[Comments] (5) : The licensing stuff has to wait a little bit, because today I discovered that Movable Type has a data dump format! Well, you know how I love importing entries from other weblog tools. So I had to add a plugin to NewsBruiser that eats up that format and turns it into NewsBruiser entries. Thanks to Josh and Anirvan for sending me example dump files for me to work with. Today's new library is Transfusion, which parses the not-so-great MT data dump files into something you can use.

Incidentally, I've noticed a worrying difference between email spam and weblog spam. With email spam, the spammer can maybe approximate your spam list (after all, even spammers get spam), but they can't see your non-spam list without cracking your email account. On the other hand, with weblog spam no one sees the spam you deleted, but all the non-spam comments are right there for everyone to see and parse. It would be trivial for a comment spammer to post an exact repeat of someone else's comment but with Viagra links all over the place. In the long run, a Bayesean filter for comment spam might degenerate into an IP and URL blacklist. Is there any algorithmic defense against an attacker who has access to everything previously blessed by the algorithm?

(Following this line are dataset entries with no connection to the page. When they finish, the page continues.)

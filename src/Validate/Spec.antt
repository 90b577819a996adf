-- ===== src/Validate/Spec.antt =====
-- The conditions that `is_job_invalid` of lib/include/mb_mgr_code.h enforces on the cipher part of a job, one for
-- each mode, independent of the order of the tests. They follow the code where it departs from
-- lib/intel-ipsec-mb.h and from its own comments, which these conditions leave out or contradict:
--   * IMB_JOB gives a maximum of 65472 bytes to cipher. The code takes 65534, and more in CBC decryption, CBCS,
--     CNTR, GCM, SNOW3G, CHACHA20 and without a cipher.
--   * IMB_JOB asks for 16-byte aligned keys and, for CCM, for the chain order of the direction.
--   * PON assumes that the CRC and the cipher start at the same offset.
--   * The custom cipher says "no checks here"; the code tests `cipher_func`.
--   * README allows CHACHA20 AEAD only with the hash POLY1305 AEAD, and DOCSIS CRC32 only with a 128-bit key.
--   * A direction outside its enumeration needs no keys, where a mode tests them by direction.
use intel_ipsec_mb.Base.{
  ℕ, ◌+◌, ◌-◌, ◌*◌, ◌%◌, ◌^◌, ◌≤◌, ◌<◌, ◌≡◌, ◌≢◌, ◌⊎◌, false, if◌then◌else◌, List, [], ◌∷◌,
}
use intel_ipsec_mb.Job.{Job, CipherMode, HashAlg, is_encrypt, is_decrypt}

-- The number is one of the list.
abbrev pub OneOf : ℕ → List ℕ → Type 0
OneOf x [] = ⊥
OneOf x (y ∷ []) = x ≡ y
OneOf x (y ∷ ys) = (x ≡ y) ⊎ OneOf x ys

-- Source, destination and initialization vector are there.
abbrev pub HasBuffers : Job → Type 0
HasBuffers job = (job.src ≢ 0) × (job.dst ≢ 0) × (job.iv ≢ 0)

-- The keys of the direction are there.
abbrev pub HasKeys : Job → Type 0
HasKeys job =
    ((is_encrypt job.cipher_direction ≡ false) ⊎ (job.enc_keys ≢ 0))
    × ((is_decrypt job.cipher_direction ≡ false) ⊎ (job.dec_keys ≢ 0))

-- MB_MAX_LEN16, the longest message of the modes with 16-bit lengths
abbrev pub max16 : ℕ
max16 = 65534

-- A message that is not empty has a source and a destination.
abbrev pub HasMessage : Job → Type 0
HasMessage job = (job.msg_len_to_cipher ≡ 0) ⊎ ((job.src ≢ 0) × (job.dst ≢ 0))

-- The three key schedules of triple DES are there.
abbrev pub HasDes3Keys : (ℕ → ℕ) → ℕ → Type 0
HasDes3Keys load p = (p ≢ 0) × (load (p + 0) ≢ 0) × (load (p + 8) ≢ 0) × (load (p + 16) ≢ 0)

abbrev pub des3_keys : Job → ℕ
des3_keys job = if is_encrypt job.cipher_direction then job.enc_keys else job.dec_keys

abbrev pub CbcSpec : Job → Type 0
CbcSpec job =
    HasBuffers job
    × HasKeys job
    × OneOf job.key_len (16 ∷ 24 ∷ 32 ∷ [])
    × (0 < job.msg_len_to_cipher)
    × (job.msg_len_to_cipher % 16 ≡ 0)
    × ((is_encrypt job.cipher_direction ≡ false) ⊎ (job.msg_len_to_cipher ≤ max16))
    × (job.iv_len ≡ 16)

-- CBCS takes longer messages than CBC.
abbrev pub CbcsSpec : Job → Type 0
CbcsSpec job =
    HasBuffers job
    × HasKeys job
    × OneOf job.key_len (16 ∷ 24 ∷ 32 ∷ [])
    × (0 < job.msg_len_to_cipher)
    × (job.msg_len_to_cipher % 16 ≡ 0)
    × (job.msg_len_to_cipher < 2 ^ 60)
    × (job.iv_len ≡ 16)

-- A PON frame that is ciphered.
abbrev pub PonCipherSpec : Job → Type 0
PonCipherSpec job =
    (job.msg_len_to_cipher % 4 ≡ 0)
    × (job.msg_len_to_cipher ≤ 2 ^ 14)
    × (job.key_len ≡ 16)
    × (job.iv_len ≡ 16)
    × (job.iv ≢ 0)
    × (job.enc_keys ≢ 0)

abbrev pub EcbSpec : Job → Type 0
EcbSpec job =
    HasBuffers job
    × (job.enc_keys ≢ 0)
    × OneOf job.key_len (16 ∷ 24 ∷ 32 ∷ [])
    × (0 < job.msg_len_to_cipher)
    × (job.msg_len_to_cipher ≤ max16)
    × (job.msg_len_to_cipher % 16 ≡ 0)
    × (job.iv_len ≡ 0)

abbrev pub CntrSpec : Job → Type 0
CntrSpec job =
    HasBuffers job
    × (job.enc_keys ≢ 0)
    × OneOf job.key_len (16 ∷ 24 ∷ 32 ∷ [])
    × OneOf job.iv_len (12 ∷ 16 ∷ [])
    × (0 < job.msg_len_to_cipher)

abbrev pub DocsisSpec : Job → Type 0
DocsisSpec job =
    HasBuffers job
    × (job.enc_keys ≢ 0)
    × ((is_decrypt job.cipher_direction ≡ false) ⊎ (job.dec_keys ≢ 0))
    × OneOf job.key_len (16 ∷ 32 ∷ [])
    × (job.iv_len ≡ 16)
    × (job.msg_len_to_cipher ≤ max16)

abbrev pub GcmSpec : Job → Type 0
GcmSpec job =
    HasMessage job
    × (job.iv ≢ 0)
    × HasKeys job
    × OneOf job.key_len (16 ∷ 24 ∷ 32 ∷ [])
    × (0 < job.iv_len)
    × (job.hash_alg ≡ HashAlg.aes_gmac)

-- The chain order is free, and so are keys of 256 bits.
abbrev pub CcmSpec : Job → Type 0
CcmSpec job =
    HasMessage job
    × (job.msg_len_to_cipher ≤ max16)
    × (job.iv ≢ 0)
    × (job.enc_keys ≢ 0)
    × OneOf job.key_len (16 ∷ 32 ∷ [])
    × (7 ≤ job.iv_len)
    × (job.iv_len ≤ 13)
    × (job.hash_alg ≡ HashAlg.aes_ccm)

-- The offsets are free.
abbrev pub PonSpec : Job → Type 0
PonSpec job =
    (job.src ≢ 0)
    × (job.dst ≢ 0)
    × (job.src ≢ job.dst)
    × (job.hash_alg ≡ HashAlg.pon_crc_bip)
    × ((job.msg_len_to_cipher ≡ 0) ⊎ PonCipherSpec job)

abbrev pub CustomSpec : Job → Type 0
CustomSpec job = (job.cipher_func ≢ 0)

abbrev pub DesSpec : Job → Type 0
DesSpec job =
    HasBuffers job
    × HasKeys job
    × (job.key_len ≡ 8)
    × (0 < job.msg_len_to_cipher)
    × (job.msg_len_to_cipher ≤ max16)
    × (job.msg_len_to_cipher % 8 ≡ 0)
    × (job.iv_len ≡ 8)

abbrev pub DocsisDesSpec : Job → Type 0
DocsisDesSpec job =
    HasBuffers job
    × HasKeys job
    × (job.key_len ≡ 8)
    × (0 < job.msg_len_to_cipher)
    × (job.msg_len_to_cipher ≤ max16)
    × (job.iv_len ≡ 8)

abbrev pub Des3Spec : (ℕ → ℕ) → Job → Type 0
Des3Spec load job =
    HasBuffers job
    × (job.key_len ≡ 24)
    × (0 < job.msg_len_to_cipher)
    × (job.msg_len_to_cipher ≤ max16)
    × (job.msg_len_to_cipher % 8 ≡ 0)
    × (job.iv_len ≡ 8)
    × HasDes3Keys load (des3_keys job)

abbrev pub ZucEea3Spec : Job → Type 0
ZucEea3Spec job =
    HasBuffers job
    × (job.enc_keys ≢ 0)
    × (job.key_len ≡ 16)
    × (0 < job.msg_len_to_cipher)
    × (job.msg_len_to_cipher ≤ 8188)
    × (job.iv_len ≡ 16)

abbrev pub Snow3gUea2Spec : Job → Type 0
Snow3gUea2Spec job =
    HasBuffers job
    × (job.enc_keys ≢ 0)
    × (job.key_len ≡ 16)
    × (0 < job.msg_len_to_cipher)
    × (job.msg_len_to_cipher < 2 ^ 32)
    × (job.iv_len ≡ 16)

abbrev pub KasumiUea1Spec : Job → Type 0
KasumiUea1Spec job =
    HasBuffers job
    × (job.enc_keys ≢ 0)
    × (job.key_len ≡ 16)
    × (0 < job.msg_len_to_cipher)
    × (job.msg_len_to_cipher ≤ 20000)
    × (job.iv_len ≡ 8)

abbrev pub Chacha20Spec : Job → Type 0
Chacha20Spec job =
    HasBuffers job
    × (job.enc_keys ≢ 0)
    × (job.key_len ≡ 32)
    × (0 < job.msg_len_to_cipher)
    × (job.msg_len_to_cipher ≤ (2 ^ 32 - 1) * 64)
    × (job.iv_len ≡ 12)

-- The hash algorithm is free; the hash of the AEAD asks for this mode.
abbrev pub Chacha20Poly1305Spec : Job → Type 0
Chacha20Poly1305Spec job =
    HasMessage job
    × (job.iv ≢ 0)
    × (job.enc_keys ≢ 0)
    × (job.key_len ≡ 32)
    × (job.msg_len_to_cipher ≤ (2 ^ 32 - 1) * 64)
    × (job.iv_len ≡ 12)

abbrev pub CipherSpec : (ℕ → ℕ) → CipherMode → Job → Type 0
CipherSpec load CipherMode.cbc job = CbcSpec job
CipherSpec load CipherMode.cbcs_1_9 job = CbcsSpec job
CipherSpec load CipherMode.ecb job = EcbSpec job
CipherSpec load CipherMode.cntr job = CntrSpec job
CipherSpec load CipherMode.cntr_bitlen job = CntrSpec job
CipherSpec load CipherMode.null_cipher job = Unit {0}
CipherSpec load CipherMode.docsis_sec_bpi job = DocsisSpec job
CipherSpec load CipherMode.gcm job = GcmSpec job
CipherSpec load CipherMode.custom job = CustomSpec job
CipherSpec load CipherMode.des job = DesSpec job
CipherSpec load CipherMode.docsis_des job = DocsisDesSpec job
CipherSpec load CipherMode.ccm job = CcmSpec job
CipherSpec load CipherMode.des3 job = Des3Spec load job
CipherSpec load CipherMode.pon_aes_cntr job = PonSpec job
CipherSpec load CipherMode.zuc_eea3 job = ZucEea3Spec job
CipherSpec load CipherMode.snow3g_uea2_bitlen job = Snow3gUea2Spec job
CipherSpec load CipherMode.kasumi_uea1_bitlen job = KasumiUea1Spec job
CipherSpec load CipherMode.chacha20 job = Chacha20Spec job
CipherSpec load CipherMode.chacha20_poly1305 job = Chacha20Poly1305Spec job
CipherSpec load (CipherMode.unnamed_mode n) job = ⊥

Posted by Jeremy Penner at Tue May 18 2004 02:28

First thing that popped into my head -- run a Bayesean filter on the pages linked in the comments, as well? I mean, I suppose the spammer could link to well-behaved pages with no pop-up porn ads and everything spelled correctly, but I imagine that's kind of like losing, for spammers.

Posted by Leonard at Tue May 18 2004 03:14

Good idea! I remember this being talked about in conjunction with email spam filtering, but consensus was that it would create a DDOS on the hosting site. The idea was dropped rather than give attackers against an innocent website a powerful new DDOS tool. Weblog spam is orders of magnitude slower to put up than email spam, and weblog software has a much bigger ecosystem than spam filter software, so I think there could be room for a tool that does this sort of checking (especially since people are talking about weblog programs that *archive* every link ever mentioned).

The only problem I can see is the presence of an obvious countermeasure: put up an inoccuous site, then five minutes after the weblog spam change it to a Viagra-fest.

Posted by josh at Wed May 19 2004 21:20

Posted by Leonard at Thu May 20 2004 01:15

How about this: *compared to me*, you are obsessed with sports. :)

Thanks a lot for your MT help, by the way.

Posted by josh at Thu May 20 2004 11:44

hah! fair enough.

congrats on all of the NB development! I think I'm going to try it out again soon.